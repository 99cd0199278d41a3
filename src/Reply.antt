-- ===== src/Reply.antt =====
-- A one-shot answer from the fabric worker to a waiting caller, crates/dma-libfabric/src/reply.rs.
-- A slot has the mutex's state, and how far each of its two ends has come; the condition variable
-- is whether the caller is asleep.
pub mod Answers
mod Tests
use vdma.Prelude.{Option, some, none}

pub data State (T : Type 0) : Type 0 where
  pending : State T
  answered : T → State T
  abandoned : State T

-- The caller in `wait`: it is to look at the state, or it sleeps, or it has returned.
pub data Caller (T : Type 0) : Type 0 where
  running : Caller T
  asleep : Caller T
  returned : Option T → Caller T

-- The worker's end: `send` sets the state, and notifies after it has unlocked; then the end is
-- dropped. `gone` keeps what was sent, if anything was.
pub data Answer (T : Type 0) : Type 0 where
  holding : Answer T
  settled : T → Answer T
  notified : T → Answer T
  gone : Option T → Answer T

pub record Slot (T : Type 0) : Type 0 where
  pub state : State T
  pub caller : Caller T
  pub answer : Answer T

module _ {T : Type 0} where
  abbrev pub reply : Slot T
  reply = record { state = pending; caller = running; answer = holding }

  -- `notify_one`.
  unfoldable pub wake : Caller T → Caller T
  wake asleep = running
  wake running = running
  wake (returned r) = returned r

  -- The first half of `settle`, and the second.
  unfoldable pub settle : T → Slot T → Slot T
  settle v s = record s { state = answered v; answer = settled v }

  unfoldable pub notify : T → Slot T → Slot T
  unfolding wake
  notify v s = record s { caller = wake s.caller; answer = notified v }

  -- `drop` notifies under the lock.
  unfoldable pub drop_answer : Option T → Slot T → Slot T
  unfolding wake
  drop_answer sent s = elim s.state [
    | pending ↦ record s { state = abandoned; caller = wake s.caller; answer = gone sent }
    | answered v ↦ record s { answer = gone sent }
    | abandoned ↦ record s { answer = gone sent }
  ]

  -- One round of the loop of `wait`, which leaves the state pending.
  unfoldable pub look : Slot T → Slot T
  look s = elim s.state [
    | answered v ↦ record s { state = pending; caller = returned (some v) }
    | abandoned ↦ record s { state = pending; caller = returned none }
    | pending ↦ record s { caller = asleep }
  ]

■ ■ ■ ■

● **Task to complete**:
Transcribe exactly, starting at the line with "drop_answer sent s" and continuing through the last line of the data above; leave out all earlier lines.

● **Result of this task**:
  drop_answer sent s = elim s.state [
    | pending ↦ record s { state = abandoned; caller = wake s.caller; answer = gone sent }
    | answered v ↦ record s { answer = gone sent }
    | abandoned ↦ record s { answer = gone sent }
  ]

  -- One round of the loop of `wait`, which leaves the state pending.
  unfoldable pub look : Slot T → Slot T
  look s = elim s.state [
    | answered v ↦ record s { state = pending; caller = returned (some v) }
    | abandoned ↦ record s { state = pending; caller = returned none }
    | pending ↦ record s { caller = asleep }
  ]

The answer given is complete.